■ **What you will do**
The word "TimingEntry" marks the lines to find; copy every such line from the data below.

■ **Provided data**
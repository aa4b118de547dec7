-- ===== src/Dram/Timing.antt =====
-- src/general/dram.h, `update_timing`: the clocks of `next` after the entries of one command.
use vans.Base.{ℕ, ◌-◌, ◌≤◌, ◌≡◌, false, List, [], ◌∷◌, if◌then◌else◌, get_or, Has, arith, inl, inr}
use vans.Base.Bits.{add64}
use vans.Dram.Ddr4.{Command, TimingEntry}
use vans.Dram.Tree.{wait_until, sibling_next, own_next}

-- No clock of `next` falls.
pub wait_until-le :
    (cmd : Command) (clk : ℕ) (next : Command → ℕ) (c : Command)
    → next c ≤ wait_until cmd clk next c
unfolding wait_until
wait_until-le cmd clk next c = ground arith

pub sibling_next-le :
    (clk : ℕ) (entries : List TimingEntry) (next : Command → ℕ) (c : Command)
    → next c ≤ sibling_next clk entries next c
unfolding sibling_next
sibling_next-le clk [] next c = omega arith
sibling_next-le clk (t ∷ entries) next c = ground (
  arith,
  wait_until-le t.cmd (add64 clk t.delay) next c,
  sibling_next-le clk entries
      (if t.has_sibling then wait_until t.cmd (add64 clk t.delay) next else next) c,
)

pub own_next-le :
    (past : List ℕ) (entries : List TimingEntry) (next : Command → ℕ) (c : Command)
    → next c ≤ own_next past entries next c
unfolding own_next
own_next-le past [] next c = omega arith
own_next-le past (t ∷ entries) next c = ground (
  arith,
  wait_until-le t.cmd (add64 (get_or past (t.dist - 1) 0) t.delay) next c,
  own_next-le past entries
      (if t.has_sibling
        then next
        else wait_until t.cmd (add64 (get_or past (t.dist - 1) 0) t.delay) next)
      c,
)

-- An entry for the command itself makes its command wait for the clock that the entry looks back to.
pub own_next-Has :
    (past : List ℕ) (t : TimingEntry) (entries : List TimingEntry) (next : Command → ℕ)
    → Has t entries
    → t.has_sibling ≡ false
    → add64 (get_or past (t.dist - 1) 0) t.delay ≤ own_next past entries next t.cmd
unfolding own_next wait_until
own_next-Has past t [] next h own = absurd h
own_next-Has past t (x ∷ entries) next (inl e) own =
    let bound =
      own_next-le past entries (wait_until t.cmd (add64 (get_or past (t.dist - 1) 0) t.delay) next)
        t.cmd in
    rw (e, own) (ground arith)
own_next-Has past t (x ∷ entries) next (inr h) own = own_next-Has past t entries _ h own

■ **Exercise response**
use vans.Dram.Ddr4.{Command, TimingEntry}
    (clk : ℕ) (entries : List TimingEntry) (next : Command → ℕ) (c : Command)
    (past : List ℕ) (entries : List TimingEntry) (next : Command → ℕ) (c : Command)
    (past : List ℕ) (t : TimingEntry) (entries : List TimingEntry) (next : Command → ℕ)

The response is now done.